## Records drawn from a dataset
+++

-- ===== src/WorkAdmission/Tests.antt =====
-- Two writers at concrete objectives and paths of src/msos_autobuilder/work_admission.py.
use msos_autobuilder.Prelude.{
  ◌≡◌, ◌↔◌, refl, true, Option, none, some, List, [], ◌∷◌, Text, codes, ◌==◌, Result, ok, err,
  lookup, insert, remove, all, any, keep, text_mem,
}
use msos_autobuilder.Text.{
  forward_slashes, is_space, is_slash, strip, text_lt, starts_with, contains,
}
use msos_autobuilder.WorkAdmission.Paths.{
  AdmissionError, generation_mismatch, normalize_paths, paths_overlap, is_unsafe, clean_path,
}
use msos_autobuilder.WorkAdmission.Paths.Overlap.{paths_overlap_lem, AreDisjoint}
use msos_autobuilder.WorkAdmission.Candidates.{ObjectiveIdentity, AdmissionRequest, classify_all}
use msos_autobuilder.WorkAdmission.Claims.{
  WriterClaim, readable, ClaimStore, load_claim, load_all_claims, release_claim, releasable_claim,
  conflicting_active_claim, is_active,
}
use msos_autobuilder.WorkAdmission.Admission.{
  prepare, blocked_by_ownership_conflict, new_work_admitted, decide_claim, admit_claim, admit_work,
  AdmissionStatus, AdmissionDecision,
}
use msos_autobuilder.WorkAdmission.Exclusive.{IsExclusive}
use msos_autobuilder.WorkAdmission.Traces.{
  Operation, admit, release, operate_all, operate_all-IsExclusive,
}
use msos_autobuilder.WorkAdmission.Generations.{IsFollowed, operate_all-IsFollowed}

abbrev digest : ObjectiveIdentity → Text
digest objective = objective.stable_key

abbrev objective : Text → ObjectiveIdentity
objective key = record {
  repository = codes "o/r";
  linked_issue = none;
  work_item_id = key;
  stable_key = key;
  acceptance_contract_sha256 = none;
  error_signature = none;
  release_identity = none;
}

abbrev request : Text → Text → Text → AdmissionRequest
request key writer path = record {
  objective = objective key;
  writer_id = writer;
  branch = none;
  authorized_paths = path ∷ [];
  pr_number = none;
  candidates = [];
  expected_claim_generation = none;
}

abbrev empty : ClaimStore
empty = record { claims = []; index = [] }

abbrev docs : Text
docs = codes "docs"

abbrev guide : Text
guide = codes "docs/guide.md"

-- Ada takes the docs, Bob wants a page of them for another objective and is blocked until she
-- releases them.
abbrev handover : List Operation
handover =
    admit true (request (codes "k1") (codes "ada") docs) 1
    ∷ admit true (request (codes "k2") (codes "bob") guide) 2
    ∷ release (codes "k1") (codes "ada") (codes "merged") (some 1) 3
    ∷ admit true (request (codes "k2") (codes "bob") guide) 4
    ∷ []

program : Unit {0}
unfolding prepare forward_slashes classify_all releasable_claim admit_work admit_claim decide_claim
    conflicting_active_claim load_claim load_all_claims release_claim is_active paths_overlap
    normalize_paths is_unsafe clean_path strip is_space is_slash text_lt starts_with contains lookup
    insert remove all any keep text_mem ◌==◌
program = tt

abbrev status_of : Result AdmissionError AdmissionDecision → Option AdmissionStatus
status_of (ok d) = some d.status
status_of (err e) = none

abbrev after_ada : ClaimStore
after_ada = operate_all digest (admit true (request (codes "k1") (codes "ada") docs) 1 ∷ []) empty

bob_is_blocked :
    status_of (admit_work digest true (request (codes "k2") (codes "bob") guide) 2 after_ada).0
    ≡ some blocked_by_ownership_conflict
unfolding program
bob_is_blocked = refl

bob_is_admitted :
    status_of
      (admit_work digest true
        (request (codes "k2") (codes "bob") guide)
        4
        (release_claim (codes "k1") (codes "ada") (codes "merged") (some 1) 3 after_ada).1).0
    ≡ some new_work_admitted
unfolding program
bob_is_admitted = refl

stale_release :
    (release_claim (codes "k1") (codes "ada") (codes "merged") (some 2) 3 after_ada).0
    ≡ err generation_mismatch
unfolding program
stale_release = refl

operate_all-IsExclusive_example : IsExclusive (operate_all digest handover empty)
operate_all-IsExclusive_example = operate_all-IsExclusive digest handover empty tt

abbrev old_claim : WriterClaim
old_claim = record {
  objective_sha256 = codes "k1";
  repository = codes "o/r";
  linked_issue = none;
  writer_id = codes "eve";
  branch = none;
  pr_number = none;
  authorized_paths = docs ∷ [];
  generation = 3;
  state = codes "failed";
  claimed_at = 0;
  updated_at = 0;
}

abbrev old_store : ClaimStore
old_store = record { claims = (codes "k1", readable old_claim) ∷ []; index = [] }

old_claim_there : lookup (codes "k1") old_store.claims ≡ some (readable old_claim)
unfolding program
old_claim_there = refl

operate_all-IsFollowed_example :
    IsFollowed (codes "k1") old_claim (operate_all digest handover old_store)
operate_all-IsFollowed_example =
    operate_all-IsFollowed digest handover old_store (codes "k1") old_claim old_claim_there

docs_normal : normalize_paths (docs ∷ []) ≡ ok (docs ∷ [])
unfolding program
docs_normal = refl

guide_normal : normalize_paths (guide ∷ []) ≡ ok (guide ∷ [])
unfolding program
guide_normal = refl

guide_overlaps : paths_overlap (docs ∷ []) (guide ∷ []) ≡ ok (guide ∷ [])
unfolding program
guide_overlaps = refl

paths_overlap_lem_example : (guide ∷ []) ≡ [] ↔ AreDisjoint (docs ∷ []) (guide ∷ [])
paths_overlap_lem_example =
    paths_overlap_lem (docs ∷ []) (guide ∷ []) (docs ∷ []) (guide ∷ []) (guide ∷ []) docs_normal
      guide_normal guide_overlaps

+++

## Exercise details
Reproduce all the records precisely.

## Solution
-- ===== src/WorkAdmission/Tests.antt =====
-- Two writers at concrete objectives and paths of src/msos_autobuilder/work_admission.py.
use msos_autobuilder.Prelude.{
  ◌≡◌, ◌↔◌, refl, true, Option, none, some, List, [], ◌∷◌, Text, codes, ◌==◌, Result, ok, err,
  lookup, insert, remove, all, any, keep, text_mem,
}
use msos_autobuilder.Text.{
  forward_slashes, is_space, is_slash, strip, text_lt, starts_with, contains,
}
use msos_autobuilder.WorkAdmission.Paths.{
  AdmissionError, generation_mismatch, normalize_paths, paths_overlap, is_unsafe, clean_path,
}
use msos_autobuilder.WorkAdmission.Paths.Overlap.{paths_overlap_lem, AreDisjoint}
use msos_autobuilder.WorkAdmission.Candidates.{ObjectiveIdentity, AdmissionRequest, classify_all}
use msos_autobuilder.WorkAdmission.Claims.{
  WriterClaim, readable, ClaimStore, load_claim, load_all_claims, release_claim, releasable_claim,
  conflicting_active_claim, is_active,
}
use msos_autobuilder.WorkAdmission.Admission.{
  prepare, blocked_by_ownership_conflict, new_work_admitted, decide_claim, admit_claim, admit_work,
  AdmissionStatus, AdmissionDecision,
}
use msos_autobuilder.WorkAdmission.Exclusive.{IsExclusive}
use msos_autobuilder.WorkAdmission.Traces.{
  Operation, admit, release, operate_all, operate_all-IsExclusive,
}
use msos_autobuilder.WorkAdmission.Generations.{IsFollowed, operate_all-IsFollowed}

abbrev digest : ObjectiveIdentity → Text
digest objective = objective.stable_key

abbrev objective : Text → ObjectiveIdentity
objective key = record {
  repository = codes "o/r";
  linked_issue = none;
  work_item_id = key;
  stable_key = key;
  acceptance_contract_sha256 = none;
  error_signature = none;
  release_identity = none;
}

abbrev request : Text → Text → Text → AdmissionRequest
request key writer path = record {
  objective = objective key;
  writer_id = writer;
  branch = none;
  authorized_paths = path ∷ [];
  pr_number = none;
  candidates = [];
  expected_claim_generation = none;
}

abbrev empty : ClaimStore
empty = record { claims = []; index = [] }

abbrev docs : Text
docs = codes "docs"

abbrev guide : Text
guide = codes "docs/guide.md"

-- Ada takes the docs, Bob wants a page of them for another objective and is blocked until she
-- releases them.
abbrev handover : List Operation
handover =
    admit true (request (codes "k1") (codes "ada") docs) 1
    ∷ admit true (request (codes "k2") (codes "bob") guide) 2
    ∷ release (codes "k1") (codes "ada") (codes "merged") (some 1) 3
    ∷ admit true (request (codes "k2") (codes "bob") guide) 4
    ∷ []

program : Unit {0}
unfolding prepare forward_slashes classify_all releasable_claim admit_work admit_claim decide_claim
    conflicting_active_claim load_claim load_all_claims release_claim is_active paths_overlap
    normalize_paths is_unsafe clean_path strip is_space is_slash text_lt starts_with contains lookup
    insert remove all any keep text_mem ◌==◌
program = tt

abbrev status_of : Result AdmissionError AdmissionDecision → Option AdmissionStatus
status_of (ok d) = some d.status
status_of (err e) = none

abbrev after_ada : ClaimStore
after_ada = operate_all digest (admit true (request (codes "k1") (codes "ada") docs) 1 ∷ []) empty

bob_is_blocked :
    status_of (admit_work digest true (request (codes "k2") (codes "bob") guide) 2 after_ada).0
    ≡ some blocked_by_ownership_conflict
unfolding program
bob_is_blocked = refl

bob_is_admitted :
    status_of
      (admit_work digest true
        (request (codes "k2") (codes "bob") guide)
        4
        (release_claim (codes "k1") (codes "ada") (codes "merged") (some 1) 3 after_ada).1).0
    ≡ some new_work_admitted
unfolding program
bob_is_admitted = refl

stale_release :
    (release_claim (codes "k1") (codes "ada") (codes "merged") (some 2) 3 after_ada).0
    ≡ err generation_mismatch
unfolding program
stale_release = refl

operate_all-IsExclusive_example : IsExclusive (operate_all digest handover empty)
operate_all-IsExclusive_example = operate_all-IsExclusive digest handover empty tt

abbrev old_claim : WriterClaim
old_claim = record {
  objective_sha256 = codes "k1";
  repository = codes "o/r";
  linked_issue = none;
  writer_id = codes "eve";
  branch = none;
  pr_number = none;
  authorized_paths = docs ∷ [];
  generation = 3;
  state = codes "failed";
  claimed_at = 0;
  updated_at = 0;
}

abbrev old_store : ClaimStore
old_store = record { claims = (codes "k1", readable old_claim) ∷ []; index = [] }

old_claim_there : lookup (codes "k1") old_store.claims ≡ some (readable old_claim)
unfolding program
old_claim_there = refl

operate_all-IsFollowed_example :
    IsFollowed (codes "k1") old_claim (operate_all digest handover old_store)
operate_all-IsFollowed_example =
    operate_all-IsFollowed digest handover old_store (codes "k1") old_claim old_claim_there

docs_normal : normalize_paths (docs ∷ []) ≡ ok (docs ∷ [])
unfolding program
docs_normal = refl

guide_normal : normalize_paths (guide ∷ []) ≡ ok (guide ∷ [])
unfolding program
guide_normal = refl

guide_overlaps : paths_overlap (docs ∷ []) (guide ∷ []) ≡ ok (guide ∷ [])
unfolding program
guide_overlaps = refl

paths_overlap_lem_example : (guide ∷ []) ≡ [] ↔ AreDisjoint (docs ∷ []) (guide ∷ [])
paths_overlap_lem_example =
    paths_overlap_lem (docs ∷ []) (guide ∷ []) (docs ∷ []) (guide ∷ []) (guide ∷ []) docs_normal
      guide_normal guide_overlaps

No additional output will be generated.